» Task statement
Look for the word "record" in the material below, then report each line where it occurs.

» Material provided

____

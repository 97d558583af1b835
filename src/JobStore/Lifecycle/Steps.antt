-- ===== src/JobStore/Lifecycle/Steps.antt =====
-- The transitions of one execution, and tables that change by them.
use dygo.Base.{
  ℕ, suc, ◌+◌, ◌<◌, ◌≤◌, ◌≡◌, refl, List, [], ◌∷◌, ◌++◌, Bool, true, false, Text, none, Memᴰ, All,
  All-append, All-of_mem, All-mem, any, select, Memᴰ-select, Bool-cases, inl, inr, arith,
}
use dygo.JobStore.Defs.{
  Row, queued, running, update_where, claim_row, complete_row, requeue_row, fail_row, expire_row,
  cancel_row, is_terminal, clashes,
}

pub data Step (r : Row) : Row → Type 0 where
  claimed :
      (now until : ℕ) (worker : Text) → r.status ≡ queued → Step r (claim_row now until worker r)
  completed : (result : Text) (now : ℕ) → r.status ≡ running → Step r (complete_row result now r)
  requeued :
      (message : Text) (run_after : ℕ)
      → r.status ≡ running
      → r.attempts < r.max_attempts
      → Step r (requeue_row message run_after r)
  failed_for_good :
      (message : Text) (now : ℕ) → r.status ≡ running → Step r (fail_row message now r)
  expired : (now : ℕ) → r.status ≡ running → Step r (expire_row now r)
  withdrawn : (now : ℕ) → r.status ≡ queued → Step r (cancel_row now r)

-- A row as Enqueue inserts it.
pub record IsFresh (r : Row) : Type 0 where
  pub is_queued : r.status ≡ queued
  pub no_attempts : r.attempts ≡ 0
  pub unlocked : r.locked_by ≡ none
  pub no_lease : r.locked_until ≡ none
  pub unfinished : r.finished_at ≡ none

-- Rows may be removed when they are terminal and have no idempotency key.
abbrev pub IsRemovable : Row → Type 0
IsRemovable r = (is_terminal r.status ≡ true) × (r.idempotency_key ≡ none)

-- A table with its id counter changes by row steps, insertions with the next id, and removals.
pub data Evolves (n : ℕ) (rows : List Row) : ℕ → List Row → Type 0 where
  here : Evolves n rows n rows
  updated :
      {m : ℕ} {xs : List Row} (test : Row → Bool) (f : Row → Row)
      → Evolves n rows m xs
      → ((r : Row) → Memᴰ r xs → test r ≡ true → Step r (f r))
      → Evolves n rows m (update_where test f xs)
  inserted :
      {m : ℕ} {xs : List Row} (r : Row)
      → Evolves n rows m xs
      → r.id ≡ m
      → IsFresh r
      → any (clashes r) xs ≡ false
      → Evolves n rows (m + 1) (xs ++ r ∷ [])
  removed :
      {m : ℕ} {xs : List Row} (keep : Row → Bool)
      → Evolves n rows m xs
      → ((r : Row) → Memᴰ r xs → keep r ≡ false → IsRemovable r)
      → Evolves n rows m (select keep xs)

pub Evolves-trans :
    {n m : ℕ} {xs ys : List Row} {k : ℕ} {zs : List Row}
    → Evolves n xs m ys
    → Evolves m ys k zs
    → Evolves n xs k zs
Evolves-trans e here = e
Evolves-trans e (updated test f d h) = updated test f (Evolves-trans e d) h
Evolves-trans e (inserted r d i h k) = inserted r (Evolves-trans e d) i h k
Evolves-trans e (removed keep d h) = removed keep (Evolves-trans e d) h

pub Step-id : {r s : Row} → Step r s → s.id ≡ r.id
unfolding claim_row complete_row requeue_row fail_row expire_row cancel_row
Step-id (claimed now until worker h) = refl
Step-id (completed result now h) = refl
Step-id (requeued message run_after h l) = refl
Step-id (failed_for_good message now h) = refl
Step-id (expired now h) = refl
Step-id (withdrawn now h) = refl

pub All-update_where :
    (P : Row → Type 0) (test : Row → Bool) (f : Row → Row) (rows : List Row)
    → ((r : Row) → Memᴰ r rows → test r ≡ true → P r → P (f r))
    → All P rows
    → All P (update_where test f rows)
unfolding update_where
All-update_where P test f [] h a = tt
All-update_where P test f (r ∷ rs) h a = (
  elim (Bool-cases (test r)) [ inl e ↦ rw e (h r (Memᴰ.head refl) e a.0) | inr e ↦ rw e a.0 ],
  All-update_where P test f rs (λ s m. h s (Memᴰ.tail m)) a.1,
)

pub All-select :
    (P : Row → Type 0) (keep : Row → Bool) (rows : List Row) → All P rows → All P (select keep rows)
All-select P keep rows a =
    All-of_mem P (select keep rows) (λ r m. All-mem P rows a (Memᴰ-select keep rows r m).0)

-- A property of rows that every step keeps, and that every fresh row with an id from `n` on has,
-- holds of all rows of a table that evolves from one where it holds.
pub record IsKept (n : ℕ) (P : Row → Type 0) : Type 0 where
  pub by_step : (r s : Row) → Step r s → P r → P s
  pub at_first : (r : Row) → n < suc r.id → IsFresh r → P r

pub Evolves-le : {n : ℕ} {rows : List Row} {m : ℕ} {xs : List Row} → Evolves n rows m xs → n ≤ m
Evolves-le here = omega arith
Evolves-le (updated test f e h) = Evolves-le e
Evolves-le (inserted r e i h k) = omega (arith, Evolves-le e)
Evolves-le (removed keep e h) = Evolves-le e

pub All-Evolves :
    (P : Row → Type 0) {n : ℕ} {rows : List Row} {m : ℕ} {xs : List Row}
    → IsKept n P
    → Evolves n rows m xs
    → All P rows
    → All P xs
All-Evolves P k here a = a
All-Evolves P k (updated {xs = xs} test f e h) a =
    All-update_where P test f xs (λ r m t p. k.by_step r (f r) (h r m t) p) (All-Evolves P k e a)
All-Evolves P k (inserted {xs = xs} r e i fresh free) a =
    All-append P xs (r ∷ []) (All-Evolves P k e a)
      (k.at_first r (omega (arith, Evolves-le e)) fresh, tt)
All-Evolves P k (removed {xs = xs} keep e h) a = All-select P keep xs (All-Evolves P k e a)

____

» Output for this task
pub record IsFresh (r : Row) : Type 0 where
pub record IsKept (n : ℕ) (P : Row → Type 0) : Type 0 where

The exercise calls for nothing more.